## TASK STATEMENT
Only the lines of the data below from the one with "pub no_bits : has_bits seg ≡ false" through the one with "AllFixed (seg ∷" are wanted. Repeat them exactly.

Saved data entries:
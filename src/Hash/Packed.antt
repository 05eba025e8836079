-- ===== src/Hash/Packed.antt =====
-- A record and the key that `fm_make_key` packs from it.
use fastmem_mariadb.Prelude.{
  ℕ, zero, suc, ◌≡◌, refl, ap, true, false, List, [], ◌∷◌, ◌++◌, ltb, drop, arith,
}
use fastmem_mariadb.Core.{Bytes, byte_at, rest_of, read_bytes}
use fastmem_mariadb.KeyDef.{SegType, text, vartext1, KeySeg}
use fastmem_mariadb.Data.{same_bytes}
use fastmem_mariadb.Hash.{Server, has_bits, text_part, key_part_differs, key_cmp, is_vartext1}
use fastmem_mariadb.Hash.MakeKey.{copied_length, make_key}
use fastmem_mariadb.Hash.Parts.{SegOk}

-- A part of fixed length: no VARCHAR, no bits apart, one byte for a character.
pub record IsFixed (seg : KeySeg) : Type 0 where
  pub ok : SegOk seg
  pub no_var : is_vartext1 seg.type ≡ false
  pub no_bits : has_bits seg ≡ false
  pub narrow : ltb 1 seg.charset.mbmaxlen ≡ false

abbrev pub AllFixed : List KeySeg → Type 0
AllFixed [] = Unit
AllFixed (seg ∷ segs) = IsFixed seg × AllFixed segs

pub drop-read : (n : ℕ) (a rest : Bytes) → drop n (read_bytes n a ++ rest) ≡ rest
unfolding read_bytes
drop-read zero a rest = refl
drop-read (suc n) a rest = drop-read n (rest_of a) rest

pub read-read : (n : ℕ) (a rest : Bytes) → read_bytes n (read_bytes n a ++ rest) ≡ read_bytes n a
unfolding read_bytes
read-read zero a rest = refl
read-read (suc n) a rest = ap (λ (b : Bytes). byte_at a ∷ b) (read-read n (rest_of a) rest)

same_bytes-read : (n : ℕ) (a rest : Bytes) → same_bytes n a (read_bytes n a ++ rest) ≡ true
unfolding same_bytes read_bytes
same_bytes-read zero a rest = refl
same_bytes-read (suc n) a rest = ground (arith, same_bytes-read n (rest_of a) rest)

pub copied_length-fixed :
    (seg : KeySeg) (pos : Bytes) → IsFixed seg → copied_length seg pos ≡ seg.length
unfolding copied_length
copied_length-fixed seg pos f = ground (arith, f.no_var, f.no_bits, f.narrow)

-- A part of fixed length is equal to its copy in a key.
part-packed :
    (sv : Server) (seg : KeySeg) (rec rest : Bytes) (ty : SegType)
    → IsFixed seg
    → is_vartext1 ty ≡ false
    → key_part_differs sv ty seg rec (read_bytes seg.length (drop seg.start rec) ++ rest) ≡ false
unfolding key_part_differs text_part
part-packed sv seg rec rest text f v =
    let pos = drop seg.start rec in
    ground (
      arith,
      f.narrow,
      read-read seg.length pos rest,
      f.ok.collates.same (read_bytes seg.length pos),
    )
part-packed sv seg rec rest vartext1 f v = cc
part-packed sv seg rec rest _ f v =
    ground (arith, f.no_bits, same_bytes-read seg.length (drop seg.start rec) rest)

-- A row compares equal to the key that `fm_make_key` packs from it, where the segments have a fixed length
-- and one byte for a character, and no bits apart.
pub key_cmp-make_key :
    (sv : Server) (segs : List KeySeg) (rec : Bytes)
    → AllFixed segs
    → key_cmp sv segs rec (make_key sv segs rec) ≡ 0
unfolding key_cmp make_key
key_cmp-make_key sv [] rec ok = refl
key_cmp-make_key sv (seg ∷ segs) rec (f, fs) =
    let pos = drop seg.start rec in
    let rest = make_key sv segs rec in
    let body = read_bytes seg.length pos ++ rest in
    ground (
      arith,
      f.no_var,
      f.no_bits,
      copied_length-fixed seg pos f,
      drop-read seg.length pos rest,
      part-packed sv seg rec rest seg.type f f.no_var,
      key_cmp-make_key sv segs rec fs,
    )
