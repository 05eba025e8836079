-- ===== src/Hash/Lookup.antt =====
-- A lookup with the key that is packed from a row.
use mathlib.Core.Path.{subst}
use fastmem_mariadb.Prelude.{ℕ, ◌<◌, ◌≡◌, sym, ap, ◌∙◌, true, Option, none, some, Returns, arith}
use fastmem_mariadb.Core.{Share, Bytes, KeyOps}
use fastmem_mariadb.Core.Lookup.{find}
use fastmem_mariadb.Core.Wf.{Wf, LawfulKey, row_at, active_at}
use fastmem_mariadb.Core.Wf.Walks.Find.{Found, find-Found}
use fastmem_mariadb.KeyDef.{KeyDef}
use fastmem_mariadb.Hash.{Server, key_cmp}
use fastmem_mariadb.Hash.Callbacks.{key_ops}
use fastmem_mariadb.Hash.MakeKey.{make_key}
use fastmem_mariadb.Hash.Lawful.{SegsOk, BitsLast, key_ops-LawfulKey}
use fastmem_mariadb.Hash.Packed.{AllFixed, key_cmp-make_key}

pub row-image :
    (s : Share) (i : ℕ) (rec : Bytes)
    → row_at s i ≡ some rec
    → (active_at s i ≡ true) × ((s.slot i).image ≡ rec)
unfolding row_at
row-image s i rec e = (ground arith, ground arith)

-- The lookup has a row whose key is the packed one.
abbrev pub Hit : Share → (Bytes → Bytes → ℕ) → Bytes → Option (ℕ × Bytes) → Type 0
Hit s cmp key none = ⊥
Hit s cmp key (some (i, buf)) = (row_at s i ≡ some buf) × (cmp buf key ≡ 0)

-- In a well-formed table, the lookup with the key that is packed from one of its rows ends and finds a row
-- with that key. The key's segments are as the two theorems on the callbacks and on packing ask.
pub find-make_key :
    (sv : Server) (s : Share) (k i : ℕ) (kd : KeyDef) (rec : Bytes)
    → Wf s
    → k < s.keys
    → (s.keydef k).ops ≡ key_ops sv kd
    → SegsOk kd.segs
    → BitsLast kd.segs
    → AllFixed kd.segs
    → row_at s i ≡ some rec
    → Returns
        (find s k (make_key sv kd.segs rec))
        (Hit s (key_cmp sv kd.segs) (make_key sv kd.segs rec))
find-make_key sv s k i kd rec w lt ops ok last fixed here =
    let law = subst LawfulKey (sym ops) (key_ops-LawfulKey sv kd ok last) in
    let key = make_key sv kd.segs rec in
    let (r, run, found) = find-Found s k key w lt law in (r, run, hit r found)
  where
    hit :
        (r : Option (ℕ × Bytes))
        → Found s k (make_key sv kd.segs rec) r
        → Hit s (key_cmp sv kd.segs) (make_key sv kd.segs rec) r
    hit none all =
        let (on, image) = row-image s i rec here in
        all i on (
          ap (λ (o : KeyOps). o.cmp_rec_key (s.slot i).image (make_key sv kd.segs rec)) ops
          ∙ ap (λ b. key_cmp sv kd.segs b (make_key sv kd.segs rec)) image
          ∙ key_cmp-make_key sv kd.segs rec fixed)
    hit (some (j, buf)) (at_j, same) =
        (at_j, sym (ap (λ (o : KeyOps). o.cmp_rec_key buf (make_key sv kd.segs rec)) ops) ∙ same)
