-- ===== src/Hash/Same.antt =====
-- A packed key stands for the record that it is packed from.
use fastmem_mariadb.Prelude.{
  ℕ, zero, suc, ◌≡◌, refl, true, false, List, [], ◌∷◌, ◌++◌, ◌==◌, if◌then◌else◌, drop, bit_and,
  ◌⊎◌, arith,
}
use fastmem_mariadb.Core.{Bytes, byte_at, rest_of, read_bytes}
use fastmem_mariadb.KeyDef.{HashState, SegType, text, vartext1, KeySeg}
use fastmem_mariadb.Data.{same_bytes}
use fastmem_mariadb.Hash.{
  Server, nullable, null_mask, is_null, is_vartext1, text_part, key_part_differs, rec_part_differs,
  key_cmp, rec_key_cmp, key_part_hash, rec_part_hash, hashnr, rec_hashnr, null_hash,
}
use fastmem_mariadb.Hash.MakeKey.{make_key}
use fastmem_mariadb.Hash.Packed.{IsFixed, AllFixed, read-read, drop-read, copied_length-fixed}

-- The mask of a nullable column has one bit.
abbrev pub OneBit : KeySeg → Type 0
OneBit seg = (x : ℕ) → (bit_and x seg.null_bit ≡ 0) ⊎ (bit_and x seg.null_bit ≡ seg.null_bit)

abbrev pub OneBits : List KeySeg → Type 0
OneBits [] = Unit
OneBits (seg ∷ segs) = OneBit seg × OneBits segs

same_bytes-packed :
    (n : ℕ) (a b rest : Bytes) → same_bytes n a (read_bytes n b ++ rest) ≡ same_bytes n a b
unfolding same_bytes read_bytes
same_bytes-packed zero a b rest = refl
same_bytes-packed (suc n) a b rest =
    ground (arith, same_bytes-packed n (rest_of a) (rest_of b) rest)

differs-packed :
    (sv : Server) (seg : KeySeg) (a b rest : Bytes) (ty : SegType)
    → IsFixed seg
    → is_vartext1 ty ≡ false
    → key_part_differs sv ty seg a (read_bytes seg.length (drop seg.start b) ++ rest)
      ≡ rec_part_differs sv ty seg a b
unfolding key_part_differs rec_part_differs text_part
differs-packed sv seg a b rest text f v =
    ground (arith, f.narrow, read-read seg.length (drop seg.start b) rest)
differs-packed sv seg a b rest vartext1 f v = cc
differs-packed sv seg a b rest _ f v =
    ground
      (arith, f.no_bits, same_bytes-packed seg.length (drop seg.start a) (drop seg.start b) rest)

hash-packed :
    (sv : Server) (seg : KeySeg) (b rest : Bytes) (h : HashState) (ty : SegType)
    → IsFixed seg
    → is_vartext1 ty ≡ false
    → key_part_hash sv ty seg (read_bytes seg.length (drop seg.start b) ++ rest) h
      ≡ rec_part_hash sv ty seg b h
unfolding key_part_hash rec_part_hash text_part
hash-packed sv seg b rest h text f v =
    ground (arith, f.narrow, read-read seg.length (drop seg.start b) rest)
hash-packed sv seg b rest h vartext1 f v = cc
hash-packed sv seg b rest h _ f v =
    ground (arith, f.no_bits, read-read seg.length (drop seg.start b) rest)

null-same :
    (seg : KeySeg) (a b : Bytes)
    → OneBit seg
    → nullable seg ≡ true
    → (null_mask seg a == null_mask seg b)
      ≡ ((if is_null seg a then 1 else 0) == (if is_null seg b then 1 else 0))
unfolding null_mask is_null
null-same seg a b one n =
    ground (arith, one (byte_at (drop seg.null_pos a)), one (byte_at (drop seg.null_pos b)))

-- To compare a row with the key that is packed from another row is to compare the two rows. The segments
-- have a fixed length, one byte for a character and no bits apart, and the null mask of a column has one
-- bit.
pub key_cmp-make_key-same :
    (sv : Server) (segs : List KeySeg) (a b : Bytes)
    → AllFixed segs
    → OneBits segs
    → key_cmp sv segs a (make_key sv segs b) ≡ rec_key_cmp sv segs a b
unfolding key_cmp make_key rec_key_cmp
key_cmp-make_key-same sv [] a b fixed one = refl
key_cmp-make_key-same sv (seg ∷ segs) a b (f, fs) (o, os) =
    let pos = drop seg.start b in
    let rest = make_key sv segs b in
    ground (
      arith,
      f.no_var,
      f.no_bits,
      copied_length-fixed seg pos f,
      drop-read seg.length pos rest,
      differs-packed sv seg a b rest seg.type f f.no_var,
      null-same seg a b o,
      key_cmp-make_key-same sv segs a b fs os,
    )

-- The hash of the key that is packed from a row is the hash of the row, where the segments have a fixed
-- length, one byte for a character and no bits apart.
pub hashnr-make_key :
    (sv : Server) (segs : List KeySeg) (b : Bytes) (h : HashState)
    → AllFixed segs
    → hashnr sv segs (make_key sv segs b) h ≡ rec_hashnr sv segs b h
unfolding hashnr make_key rec_hashnr
hashnr-make_key sv [] b h fixed = refl
hashnr-make_key sv (seg ∷ segs) b h (f, fs) =
    let pos = drop seg.start b in
    let rest = make_key sv segs b in
    let h' = if is_null seg b then null_hash h else rec_part_hash sv seg.type seg b h in
    ground (
      arith,
      f.no_var,
      f.no_bits,
      copied_length-fixed seg pos f,
      drop-read seg.length pos rest,
      hash-packed sv seg b rest h seg.type f f.no_var,
      hashnr-make_key sv segs b h' fs,
    )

## RESULT OF THIS TASK
  pub no_bits : has_bits seg ≡ false
  pub narrow : ltb 1 seg.charset.mbmaxlen ≡ false

abbrev pub AllFixed : List KeySeg → Type 0
AllFixed [] = Unit
AllFixed (seg ∷ segs) = IsFixed seg × AllFixed segs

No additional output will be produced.